(Beginning of DATASET ENTRIES)

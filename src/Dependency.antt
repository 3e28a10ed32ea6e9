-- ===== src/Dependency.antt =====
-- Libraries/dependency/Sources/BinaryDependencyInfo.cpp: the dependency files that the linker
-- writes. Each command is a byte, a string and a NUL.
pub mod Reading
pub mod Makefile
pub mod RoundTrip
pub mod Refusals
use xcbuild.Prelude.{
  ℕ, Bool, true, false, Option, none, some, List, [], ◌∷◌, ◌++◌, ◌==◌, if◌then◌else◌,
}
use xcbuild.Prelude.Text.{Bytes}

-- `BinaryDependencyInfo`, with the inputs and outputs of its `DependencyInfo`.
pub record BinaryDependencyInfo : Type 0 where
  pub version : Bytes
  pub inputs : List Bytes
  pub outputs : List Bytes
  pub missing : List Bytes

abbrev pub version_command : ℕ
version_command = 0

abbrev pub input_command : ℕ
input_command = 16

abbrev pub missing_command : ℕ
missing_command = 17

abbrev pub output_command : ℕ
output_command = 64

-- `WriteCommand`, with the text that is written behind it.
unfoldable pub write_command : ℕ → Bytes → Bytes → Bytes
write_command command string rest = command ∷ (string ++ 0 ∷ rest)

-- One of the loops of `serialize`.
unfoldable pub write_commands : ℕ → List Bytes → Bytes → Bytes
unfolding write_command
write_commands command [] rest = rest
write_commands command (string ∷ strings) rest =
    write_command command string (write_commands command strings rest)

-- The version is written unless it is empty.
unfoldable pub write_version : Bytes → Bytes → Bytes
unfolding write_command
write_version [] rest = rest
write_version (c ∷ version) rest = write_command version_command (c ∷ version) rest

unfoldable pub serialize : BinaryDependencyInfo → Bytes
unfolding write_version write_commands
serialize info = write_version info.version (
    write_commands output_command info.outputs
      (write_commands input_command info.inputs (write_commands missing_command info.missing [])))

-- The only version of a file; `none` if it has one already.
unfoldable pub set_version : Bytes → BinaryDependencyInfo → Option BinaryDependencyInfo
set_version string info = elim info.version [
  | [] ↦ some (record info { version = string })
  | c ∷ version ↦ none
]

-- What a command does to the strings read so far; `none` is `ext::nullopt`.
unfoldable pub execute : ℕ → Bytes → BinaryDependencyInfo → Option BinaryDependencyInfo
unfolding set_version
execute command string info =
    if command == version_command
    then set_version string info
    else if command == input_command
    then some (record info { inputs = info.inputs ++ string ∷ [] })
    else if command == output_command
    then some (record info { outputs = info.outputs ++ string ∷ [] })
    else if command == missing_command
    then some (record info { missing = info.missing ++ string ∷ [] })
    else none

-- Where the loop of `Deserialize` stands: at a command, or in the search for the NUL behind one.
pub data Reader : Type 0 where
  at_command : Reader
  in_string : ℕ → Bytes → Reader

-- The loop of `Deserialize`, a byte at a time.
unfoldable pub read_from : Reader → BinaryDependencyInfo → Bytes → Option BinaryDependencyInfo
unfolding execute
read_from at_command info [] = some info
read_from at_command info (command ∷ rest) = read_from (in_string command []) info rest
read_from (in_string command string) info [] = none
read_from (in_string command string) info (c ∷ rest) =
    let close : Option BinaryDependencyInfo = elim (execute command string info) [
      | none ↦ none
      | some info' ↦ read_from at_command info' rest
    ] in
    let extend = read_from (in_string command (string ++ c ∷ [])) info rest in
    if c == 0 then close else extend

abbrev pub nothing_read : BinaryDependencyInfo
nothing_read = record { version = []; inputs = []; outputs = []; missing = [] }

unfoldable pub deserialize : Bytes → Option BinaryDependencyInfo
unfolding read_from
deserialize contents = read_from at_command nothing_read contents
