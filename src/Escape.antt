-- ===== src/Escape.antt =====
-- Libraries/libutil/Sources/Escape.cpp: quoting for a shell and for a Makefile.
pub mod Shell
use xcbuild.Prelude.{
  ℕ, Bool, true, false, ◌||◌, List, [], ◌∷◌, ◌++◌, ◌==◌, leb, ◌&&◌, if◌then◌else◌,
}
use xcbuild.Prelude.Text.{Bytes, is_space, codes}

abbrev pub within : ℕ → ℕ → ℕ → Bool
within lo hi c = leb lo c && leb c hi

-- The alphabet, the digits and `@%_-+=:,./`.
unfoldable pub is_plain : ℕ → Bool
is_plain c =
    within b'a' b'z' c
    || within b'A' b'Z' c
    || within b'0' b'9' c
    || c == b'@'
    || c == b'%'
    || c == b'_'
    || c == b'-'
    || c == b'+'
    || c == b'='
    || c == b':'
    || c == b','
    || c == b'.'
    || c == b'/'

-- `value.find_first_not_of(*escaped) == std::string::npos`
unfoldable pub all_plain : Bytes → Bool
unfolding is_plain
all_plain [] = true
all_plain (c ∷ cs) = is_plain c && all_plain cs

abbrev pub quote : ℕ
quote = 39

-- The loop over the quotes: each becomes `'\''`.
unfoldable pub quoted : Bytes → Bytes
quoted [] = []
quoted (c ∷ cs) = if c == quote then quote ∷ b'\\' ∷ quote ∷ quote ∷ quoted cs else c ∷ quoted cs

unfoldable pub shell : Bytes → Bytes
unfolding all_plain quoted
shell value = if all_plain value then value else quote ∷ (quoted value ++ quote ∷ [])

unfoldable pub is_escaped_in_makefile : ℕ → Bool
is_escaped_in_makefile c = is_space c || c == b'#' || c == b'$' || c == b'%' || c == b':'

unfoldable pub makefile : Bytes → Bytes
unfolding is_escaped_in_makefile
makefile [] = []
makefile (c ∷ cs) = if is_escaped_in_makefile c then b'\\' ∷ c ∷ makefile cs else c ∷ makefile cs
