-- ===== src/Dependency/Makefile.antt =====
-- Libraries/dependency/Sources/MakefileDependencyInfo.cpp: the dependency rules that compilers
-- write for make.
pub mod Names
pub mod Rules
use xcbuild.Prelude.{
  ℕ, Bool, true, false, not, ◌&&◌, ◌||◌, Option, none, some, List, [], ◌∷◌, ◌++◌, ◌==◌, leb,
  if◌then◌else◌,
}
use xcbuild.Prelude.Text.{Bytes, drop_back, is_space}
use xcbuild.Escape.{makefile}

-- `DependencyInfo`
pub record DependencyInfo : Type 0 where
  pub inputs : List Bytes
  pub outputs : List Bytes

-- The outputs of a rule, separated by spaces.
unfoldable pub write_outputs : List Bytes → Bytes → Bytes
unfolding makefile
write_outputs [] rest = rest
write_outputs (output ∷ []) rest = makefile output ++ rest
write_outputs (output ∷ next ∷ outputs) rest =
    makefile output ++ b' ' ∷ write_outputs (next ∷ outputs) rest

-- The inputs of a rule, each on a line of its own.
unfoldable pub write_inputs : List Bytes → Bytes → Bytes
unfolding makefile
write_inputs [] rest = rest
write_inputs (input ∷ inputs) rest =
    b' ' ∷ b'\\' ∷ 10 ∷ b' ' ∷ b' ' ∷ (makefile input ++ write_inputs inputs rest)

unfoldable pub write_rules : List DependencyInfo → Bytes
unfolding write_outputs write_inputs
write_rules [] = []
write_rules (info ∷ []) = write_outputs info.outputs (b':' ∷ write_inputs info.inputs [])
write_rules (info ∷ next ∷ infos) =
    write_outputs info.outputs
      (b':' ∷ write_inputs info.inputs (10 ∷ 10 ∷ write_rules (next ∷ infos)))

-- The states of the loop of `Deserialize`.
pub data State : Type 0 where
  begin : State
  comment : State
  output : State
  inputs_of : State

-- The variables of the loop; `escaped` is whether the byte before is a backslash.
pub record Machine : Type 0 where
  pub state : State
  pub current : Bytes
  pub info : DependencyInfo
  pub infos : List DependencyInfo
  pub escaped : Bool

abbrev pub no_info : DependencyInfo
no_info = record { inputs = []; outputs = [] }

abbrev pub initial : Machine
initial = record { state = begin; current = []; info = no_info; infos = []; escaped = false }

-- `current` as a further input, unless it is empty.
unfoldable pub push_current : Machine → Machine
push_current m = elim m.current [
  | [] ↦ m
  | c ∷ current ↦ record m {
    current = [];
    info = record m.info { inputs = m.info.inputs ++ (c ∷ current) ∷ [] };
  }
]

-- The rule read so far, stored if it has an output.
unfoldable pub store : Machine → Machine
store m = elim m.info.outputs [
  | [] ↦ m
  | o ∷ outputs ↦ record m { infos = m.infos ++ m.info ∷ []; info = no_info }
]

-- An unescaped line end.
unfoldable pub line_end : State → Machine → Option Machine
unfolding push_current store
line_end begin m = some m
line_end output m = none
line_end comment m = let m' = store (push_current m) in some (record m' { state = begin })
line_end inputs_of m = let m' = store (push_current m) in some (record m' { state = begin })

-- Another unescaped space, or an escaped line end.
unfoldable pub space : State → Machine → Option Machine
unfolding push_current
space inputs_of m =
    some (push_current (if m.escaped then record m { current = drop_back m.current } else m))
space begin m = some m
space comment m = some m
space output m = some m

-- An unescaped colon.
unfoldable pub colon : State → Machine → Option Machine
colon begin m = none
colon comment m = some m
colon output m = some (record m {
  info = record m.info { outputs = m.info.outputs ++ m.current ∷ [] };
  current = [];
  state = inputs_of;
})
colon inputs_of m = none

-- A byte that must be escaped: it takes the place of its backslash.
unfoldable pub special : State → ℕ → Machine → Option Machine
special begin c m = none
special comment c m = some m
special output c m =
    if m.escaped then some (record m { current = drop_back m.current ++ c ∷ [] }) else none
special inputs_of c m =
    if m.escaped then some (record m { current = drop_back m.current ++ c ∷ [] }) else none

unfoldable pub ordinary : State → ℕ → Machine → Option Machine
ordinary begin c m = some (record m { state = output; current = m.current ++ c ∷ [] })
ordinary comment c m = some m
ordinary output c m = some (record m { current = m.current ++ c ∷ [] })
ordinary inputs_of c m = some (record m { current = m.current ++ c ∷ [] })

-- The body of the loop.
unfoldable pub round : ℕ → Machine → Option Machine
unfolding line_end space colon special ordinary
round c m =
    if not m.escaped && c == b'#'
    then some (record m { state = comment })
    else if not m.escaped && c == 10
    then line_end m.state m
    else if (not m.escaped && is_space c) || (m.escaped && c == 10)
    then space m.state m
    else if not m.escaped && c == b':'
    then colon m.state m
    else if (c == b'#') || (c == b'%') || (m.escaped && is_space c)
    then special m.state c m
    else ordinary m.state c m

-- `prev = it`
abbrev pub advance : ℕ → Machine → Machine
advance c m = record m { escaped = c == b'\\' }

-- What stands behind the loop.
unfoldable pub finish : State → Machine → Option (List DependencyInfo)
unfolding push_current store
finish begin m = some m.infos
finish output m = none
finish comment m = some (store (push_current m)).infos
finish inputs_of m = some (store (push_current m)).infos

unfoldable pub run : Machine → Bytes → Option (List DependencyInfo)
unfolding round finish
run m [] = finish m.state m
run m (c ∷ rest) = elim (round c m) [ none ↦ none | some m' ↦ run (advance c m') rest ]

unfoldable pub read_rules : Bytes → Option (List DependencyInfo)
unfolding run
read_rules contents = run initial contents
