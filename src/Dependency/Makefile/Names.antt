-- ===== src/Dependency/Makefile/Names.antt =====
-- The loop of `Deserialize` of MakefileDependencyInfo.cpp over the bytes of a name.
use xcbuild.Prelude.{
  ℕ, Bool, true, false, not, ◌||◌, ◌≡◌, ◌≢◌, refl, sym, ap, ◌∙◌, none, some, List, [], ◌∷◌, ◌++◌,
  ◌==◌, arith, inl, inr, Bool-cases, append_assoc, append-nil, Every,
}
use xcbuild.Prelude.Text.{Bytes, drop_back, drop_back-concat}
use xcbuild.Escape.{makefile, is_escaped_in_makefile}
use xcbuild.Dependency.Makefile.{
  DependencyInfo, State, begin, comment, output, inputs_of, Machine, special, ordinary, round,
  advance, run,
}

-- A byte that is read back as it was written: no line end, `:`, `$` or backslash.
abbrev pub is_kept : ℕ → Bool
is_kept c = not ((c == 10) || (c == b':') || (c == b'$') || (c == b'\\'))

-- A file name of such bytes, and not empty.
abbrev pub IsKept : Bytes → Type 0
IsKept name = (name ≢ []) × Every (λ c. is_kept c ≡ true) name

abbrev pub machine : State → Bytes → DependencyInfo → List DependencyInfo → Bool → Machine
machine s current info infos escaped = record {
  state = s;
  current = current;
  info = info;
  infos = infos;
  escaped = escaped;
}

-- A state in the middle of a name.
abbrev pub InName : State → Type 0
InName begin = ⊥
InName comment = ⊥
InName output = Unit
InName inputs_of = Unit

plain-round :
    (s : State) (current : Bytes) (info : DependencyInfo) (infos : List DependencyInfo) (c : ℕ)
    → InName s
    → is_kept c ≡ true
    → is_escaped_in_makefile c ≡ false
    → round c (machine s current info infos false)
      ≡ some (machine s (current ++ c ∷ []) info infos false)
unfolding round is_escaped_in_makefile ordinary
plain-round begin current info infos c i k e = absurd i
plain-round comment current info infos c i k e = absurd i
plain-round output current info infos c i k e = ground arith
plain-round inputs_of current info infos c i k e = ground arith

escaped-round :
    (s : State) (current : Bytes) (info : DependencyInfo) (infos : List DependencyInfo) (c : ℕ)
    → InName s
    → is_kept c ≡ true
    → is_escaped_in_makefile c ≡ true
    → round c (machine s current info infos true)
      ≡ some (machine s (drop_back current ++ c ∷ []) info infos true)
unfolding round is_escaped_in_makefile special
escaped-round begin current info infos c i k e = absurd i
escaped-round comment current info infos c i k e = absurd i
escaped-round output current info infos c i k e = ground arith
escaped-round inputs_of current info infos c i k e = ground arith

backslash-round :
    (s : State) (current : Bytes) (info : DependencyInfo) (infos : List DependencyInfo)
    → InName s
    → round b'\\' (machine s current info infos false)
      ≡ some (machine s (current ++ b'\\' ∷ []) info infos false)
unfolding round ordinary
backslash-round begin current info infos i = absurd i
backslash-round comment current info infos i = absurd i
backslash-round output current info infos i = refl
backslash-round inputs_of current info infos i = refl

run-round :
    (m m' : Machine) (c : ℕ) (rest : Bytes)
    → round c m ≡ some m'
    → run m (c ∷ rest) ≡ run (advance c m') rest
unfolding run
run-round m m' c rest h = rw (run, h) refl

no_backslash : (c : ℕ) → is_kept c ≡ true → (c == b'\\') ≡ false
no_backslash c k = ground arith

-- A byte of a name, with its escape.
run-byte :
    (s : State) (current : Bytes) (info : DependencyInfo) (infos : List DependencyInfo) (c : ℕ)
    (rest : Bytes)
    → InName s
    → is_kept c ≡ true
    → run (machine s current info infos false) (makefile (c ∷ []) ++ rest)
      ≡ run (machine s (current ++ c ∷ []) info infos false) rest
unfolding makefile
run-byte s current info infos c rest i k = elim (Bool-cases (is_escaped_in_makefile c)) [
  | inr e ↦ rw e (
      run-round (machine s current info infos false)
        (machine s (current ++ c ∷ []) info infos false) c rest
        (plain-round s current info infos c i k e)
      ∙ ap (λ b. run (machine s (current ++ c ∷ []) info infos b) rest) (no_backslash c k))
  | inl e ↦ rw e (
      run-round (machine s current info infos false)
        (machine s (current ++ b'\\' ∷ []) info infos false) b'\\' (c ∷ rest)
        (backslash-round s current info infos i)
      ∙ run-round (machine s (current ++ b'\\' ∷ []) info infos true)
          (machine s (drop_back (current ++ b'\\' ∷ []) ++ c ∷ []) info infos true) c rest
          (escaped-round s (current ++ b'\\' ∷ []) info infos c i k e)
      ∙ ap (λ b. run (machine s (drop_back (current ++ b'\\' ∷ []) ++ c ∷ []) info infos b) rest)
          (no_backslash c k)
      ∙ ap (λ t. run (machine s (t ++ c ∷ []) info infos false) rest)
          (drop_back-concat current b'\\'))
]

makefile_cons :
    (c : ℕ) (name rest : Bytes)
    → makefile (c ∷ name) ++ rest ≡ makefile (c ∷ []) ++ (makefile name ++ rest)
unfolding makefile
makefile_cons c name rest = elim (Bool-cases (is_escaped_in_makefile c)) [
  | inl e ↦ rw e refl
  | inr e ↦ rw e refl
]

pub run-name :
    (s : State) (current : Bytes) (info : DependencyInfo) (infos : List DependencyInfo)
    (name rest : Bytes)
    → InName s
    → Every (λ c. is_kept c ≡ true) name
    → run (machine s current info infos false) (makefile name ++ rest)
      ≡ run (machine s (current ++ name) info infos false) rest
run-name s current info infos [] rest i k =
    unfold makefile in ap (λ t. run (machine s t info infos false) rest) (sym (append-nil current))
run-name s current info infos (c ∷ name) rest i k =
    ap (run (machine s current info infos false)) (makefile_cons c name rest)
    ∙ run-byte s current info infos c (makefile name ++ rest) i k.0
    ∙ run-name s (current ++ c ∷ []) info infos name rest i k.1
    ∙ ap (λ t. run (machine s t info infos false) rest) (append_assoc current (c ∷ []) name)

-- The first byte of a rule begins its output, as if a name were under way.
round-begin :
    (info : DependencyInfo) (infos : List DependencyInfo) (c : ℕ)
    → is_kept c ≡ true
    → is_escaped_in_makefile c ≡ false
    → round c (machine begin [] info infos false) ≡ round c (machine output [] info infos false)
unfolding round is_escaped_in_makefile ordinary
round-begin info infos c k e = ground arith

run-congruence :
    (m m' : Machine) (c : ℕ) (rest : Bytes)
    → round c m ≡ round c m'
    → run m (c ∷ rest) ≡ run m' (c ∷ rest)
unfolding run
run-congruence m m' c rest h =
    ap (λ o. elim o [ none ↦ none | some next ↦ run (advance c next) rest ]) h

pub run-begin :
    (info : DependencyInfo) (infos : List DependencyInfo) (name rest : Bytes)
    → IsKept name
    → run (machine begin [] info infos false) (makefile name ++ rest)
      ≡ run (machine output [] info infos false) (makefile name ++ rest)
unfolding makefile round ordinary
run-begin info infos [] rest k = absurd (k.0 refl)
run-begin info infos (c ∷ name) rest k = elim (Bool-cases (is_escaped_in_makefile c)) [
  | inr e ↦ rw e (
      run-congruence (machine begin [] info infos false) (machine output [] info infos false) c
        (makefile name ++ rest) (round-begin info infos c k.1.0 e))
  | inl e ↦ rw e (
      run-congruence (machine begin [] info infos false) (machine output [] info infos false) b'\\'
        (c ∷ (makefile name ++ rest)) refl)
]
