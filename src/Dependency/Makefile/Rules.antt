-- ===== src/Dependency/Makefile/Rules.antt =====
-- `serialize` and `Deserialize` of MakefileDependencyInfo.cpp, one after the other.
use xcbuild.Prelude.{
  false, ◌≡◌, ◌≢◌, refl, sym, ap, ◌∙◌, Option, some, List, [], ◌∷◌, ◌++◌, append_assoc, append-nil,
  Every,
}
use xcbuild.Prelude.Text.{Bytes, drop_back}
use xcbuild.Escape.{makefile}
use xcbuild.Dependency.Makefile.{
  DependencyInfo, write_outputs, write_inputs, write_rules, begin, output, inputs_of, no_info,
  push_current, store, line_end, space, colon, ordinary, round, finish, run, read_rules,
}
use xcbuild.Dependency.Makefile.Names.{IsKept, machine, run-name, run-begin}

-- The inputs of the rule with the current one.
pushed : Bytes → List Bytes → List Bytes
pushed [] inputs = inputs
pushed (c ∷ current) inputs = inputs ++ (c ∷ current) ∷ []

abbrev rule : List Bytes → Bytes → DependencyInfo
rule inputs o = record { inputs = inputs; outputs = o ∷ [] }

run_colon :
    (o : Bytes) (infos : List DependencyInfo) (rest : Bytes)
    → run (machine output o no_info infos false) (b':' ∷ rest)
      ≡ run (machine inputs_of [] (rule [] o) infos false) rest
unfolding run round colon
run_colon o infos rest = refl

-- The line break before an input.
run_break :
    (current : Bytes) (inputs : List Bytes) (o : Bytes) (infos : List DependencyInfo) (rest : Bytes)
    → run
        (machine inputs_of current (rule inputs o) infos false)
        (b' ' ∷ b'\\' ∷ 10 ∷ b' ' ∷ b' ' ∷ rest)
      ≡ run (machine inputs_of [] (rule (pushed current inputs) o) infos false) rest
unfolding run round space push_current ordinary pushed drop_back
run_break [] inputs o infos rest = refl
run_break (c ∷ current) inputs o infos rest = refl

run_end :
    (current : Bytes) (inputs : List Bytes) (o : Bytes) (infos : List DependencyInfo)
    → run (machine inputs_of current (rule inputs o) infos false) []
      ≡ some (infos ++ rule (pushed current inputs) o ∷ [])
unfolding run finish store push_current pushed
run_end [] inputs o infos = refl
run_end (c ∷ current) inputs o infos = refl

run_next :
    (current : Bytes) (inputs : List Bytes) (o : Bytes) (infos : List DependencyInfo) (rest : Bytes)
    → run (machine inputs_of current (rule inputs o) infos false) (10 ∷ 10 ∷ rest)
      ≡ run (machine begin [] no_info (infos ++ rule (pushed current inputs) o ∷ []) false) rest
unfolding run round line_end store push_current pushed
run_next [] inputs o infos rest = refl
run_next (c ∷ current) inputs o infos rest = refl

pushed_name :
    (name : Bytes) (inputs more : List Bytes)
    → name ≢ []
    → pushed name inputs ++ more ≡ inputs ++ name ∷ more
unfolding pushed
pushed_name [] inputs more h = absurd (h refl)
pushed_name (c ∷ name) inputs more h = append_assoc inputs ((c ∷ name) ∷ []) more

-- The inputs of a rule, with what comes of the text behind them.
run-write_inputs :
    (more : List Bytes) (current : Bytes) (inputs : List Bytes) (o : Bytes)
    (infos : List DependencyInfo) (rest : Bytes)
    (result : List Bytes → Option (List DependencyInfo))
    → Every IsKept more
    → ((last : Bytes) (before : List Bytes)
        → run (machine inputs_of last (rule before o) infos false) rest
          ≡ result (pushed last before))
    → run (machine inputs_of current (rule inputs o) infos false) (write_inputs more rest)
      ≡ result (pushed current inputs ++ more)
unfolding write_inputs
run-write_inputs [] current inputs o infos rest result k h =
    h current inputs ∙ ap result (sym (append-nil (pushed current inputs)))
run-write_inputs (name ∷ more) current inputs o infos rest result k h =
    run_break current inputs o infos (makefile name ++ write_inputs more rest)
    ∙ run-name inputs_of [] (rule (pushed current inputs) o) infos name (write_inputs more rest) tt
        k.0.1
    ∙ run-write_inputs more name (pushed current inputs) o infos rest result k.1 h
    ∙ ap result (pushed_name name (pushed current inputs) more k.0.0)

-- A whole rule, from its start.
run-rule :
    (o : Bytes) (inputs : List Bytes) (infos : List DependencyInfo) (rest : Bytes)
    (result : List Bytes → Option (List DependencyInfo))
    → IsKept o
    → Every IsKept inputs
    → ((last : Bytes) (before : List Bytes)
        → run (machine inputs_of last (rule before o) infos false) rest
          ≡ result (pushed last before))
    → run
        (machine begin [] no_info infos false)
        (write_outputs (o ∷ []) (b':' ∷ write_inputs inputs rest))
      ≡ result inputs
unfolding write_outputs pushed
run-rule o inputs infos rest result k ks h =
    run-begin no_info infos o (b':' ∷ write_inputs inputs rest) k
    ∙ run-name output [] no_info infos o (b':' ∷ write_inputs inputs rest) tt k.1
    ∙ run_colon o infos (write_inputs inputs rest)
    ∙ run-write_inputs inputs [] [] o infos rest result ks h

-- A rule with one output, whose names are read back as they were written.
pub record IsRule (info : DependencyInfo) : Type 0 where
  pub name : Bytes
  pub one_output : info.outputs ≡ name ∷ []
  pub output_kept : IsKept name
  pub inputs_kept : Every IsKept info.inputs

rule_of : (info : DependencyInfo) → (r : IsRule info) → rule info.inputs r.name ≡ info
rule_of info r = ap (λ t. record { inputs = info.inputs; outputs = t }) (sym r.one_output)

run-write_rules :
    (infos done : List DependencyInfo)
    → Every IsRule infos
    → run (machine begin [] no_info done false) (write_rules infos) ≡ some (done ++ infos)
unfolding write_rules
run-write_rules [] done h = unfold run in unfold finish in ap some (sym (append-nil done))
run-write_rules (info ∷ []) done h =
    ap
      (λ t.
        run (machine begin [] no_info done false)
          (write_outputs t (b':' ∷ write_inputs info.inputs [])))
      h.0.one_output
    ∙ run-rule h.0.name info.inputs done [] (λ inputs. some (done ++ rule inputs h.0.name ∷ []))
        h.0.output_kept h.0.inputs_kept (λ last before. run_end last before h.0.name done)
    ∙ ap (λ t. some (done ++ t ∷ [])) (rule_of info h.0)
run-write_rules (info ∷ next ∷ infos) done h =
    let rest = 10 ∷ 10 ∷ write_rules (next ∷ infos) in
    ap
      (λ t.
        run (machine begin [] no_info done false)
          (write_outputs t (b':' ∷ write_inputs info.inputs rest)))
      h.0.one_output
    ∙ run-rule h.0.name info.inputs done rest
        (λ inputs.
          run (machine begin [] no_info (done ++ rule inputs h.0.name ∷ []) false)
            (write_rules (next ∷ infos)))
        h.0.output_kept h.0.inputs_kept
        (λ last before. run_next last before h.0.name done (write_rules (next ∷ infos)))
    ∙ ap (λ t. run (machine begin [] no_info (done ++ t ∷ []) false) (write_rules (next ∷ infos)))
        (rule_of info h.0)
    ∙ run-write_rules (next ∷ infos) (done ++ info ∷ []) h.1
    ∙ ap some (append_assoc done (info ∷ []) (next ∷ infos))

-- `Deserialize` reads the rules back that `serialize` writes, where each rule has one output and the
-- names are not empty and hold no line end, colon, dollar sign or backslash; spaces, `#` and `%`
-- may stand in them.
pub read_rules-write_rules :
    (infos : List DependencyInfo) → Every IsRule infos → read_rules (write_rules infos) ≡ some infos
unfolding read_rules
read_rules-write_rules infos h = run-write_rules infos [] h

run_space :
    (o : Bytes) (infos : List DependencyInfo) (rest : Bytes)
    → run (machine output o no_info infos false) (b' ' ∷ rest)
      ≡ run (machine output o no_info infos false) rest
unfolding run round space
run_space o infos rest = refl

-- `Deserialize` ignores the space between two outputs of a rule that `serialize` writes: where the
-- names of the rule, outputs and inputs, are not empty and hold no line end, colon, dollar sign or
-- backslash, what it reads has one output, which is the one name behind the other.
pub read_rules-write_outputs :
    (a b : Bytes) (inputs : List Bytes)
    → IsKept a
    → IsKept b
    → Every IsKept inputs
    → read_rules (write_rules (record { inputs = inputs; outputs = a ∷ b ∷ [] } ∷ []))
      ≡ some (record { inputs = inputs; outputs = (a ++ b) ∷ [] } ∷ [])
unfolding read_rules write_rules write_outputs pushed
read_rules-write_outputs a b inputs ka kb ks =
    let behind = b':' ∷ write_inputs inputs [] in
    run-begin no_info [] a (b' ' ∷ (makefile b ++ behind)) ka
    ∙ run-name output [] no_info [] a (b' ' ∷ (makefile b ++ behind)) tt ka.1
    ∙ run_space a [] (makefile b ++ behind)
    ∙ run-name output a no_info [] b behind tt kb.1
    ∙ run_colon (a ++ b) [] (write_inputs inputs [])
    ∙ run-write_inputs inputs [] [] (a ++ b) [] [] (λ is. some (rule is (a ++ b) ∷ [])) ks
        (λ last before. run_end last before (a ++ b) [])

(End of DATASET ENTRIES)

- _EXERCISE OBJECTIVE_:
Set down, exactly as they stand above, the lines starting with the line with "in_string : ℕ → Bytes → Reader" and going on through the line with "quoted [] = []", and no others.

- _SOLVED PROBLEM_:
  in_string : ℕ → Bytes → Reader

-- The loop of `Deserialize`, a byte at a time.
unfoldable pub read_from : Reader → BinaryDependencyInfo → Bytes → Option BinaryDependencyInfo
unfolding execute
read_from at_command info [] = some info
read_from at_command info (command ∷ rest) = read_from (in_string command []) info rest
read_from (in_string command string) info [] = none
read_from (in_string command string) info (c ∷ rest) =
    let close : Option BinaryDependencyInfo = elim (execute command string info) [
      | none ↦ none
      | some info' ↦ read_from at_command info' rest
    ] in
    let extend = read_from (in_string command (string ++ c ∷ [])) info rest in
    if c == 0 then close else extend

abbrev pub nothing_read : BinaryDependencyInfo
nothing_read = record { version = []; inputs = []; outputs = []; missing = [] }

unfoldable pub deserialize : Bytes → Option BinaryDependencyInfo
unfolding read_from
deserialize contents = read_from at_command nothing_read contents
filename src/Escape.antt
-- ===== src/Escape.antt =====
-- Libraries/libutil/Sources/Escape.cpp: quoting for a shell and for a Makefile.
pub mod Shell
use xcbuild.Prelude.{
  ℕ, Bool, true, false, ◌||◌, List, [], ◌∷◌, ◌++◌, ◌==◌, leb, ◌&&◌, if◌then◌else◌,
}
use xcbuild.Prelude.Text.{Bytes, is_space, codes}

abbrev pub within : ℕ → ℕ → ℕ → Bool
within lo hi c = leb lo c && leb c hi

-- The alphabet, the digits and `@%_-+=:,./`.
unfoldable pub is_plain : ℕ → Bool
is_plain c =
    within b'a' b'z' c
    || within b'A' b'Z' c
    || within b'0' b'9' c
    || c == b'@'
    || c == b'%'
    || c == b'_'
    || c == b'-'
    || c == b'+'
    || c == b'='
    || c == b':'
    || c == b','
    || c == b'.'
    || c == b'/'

-- `value.find_first_not_of(*escaped) == std::string::npos`
unfoldable pub all_plain : Bytes → Bool
unfolding is_plain
all_plain [] = true
all_plain (c ∷ cs) = is_plain c && all_plain cs

abbrev pub quote : ℕ
quote = 39

-- The loop over the quotes: each becomes `'\''`.
unfoldable pub quoted : Bytes → Bytes
quoted [] = []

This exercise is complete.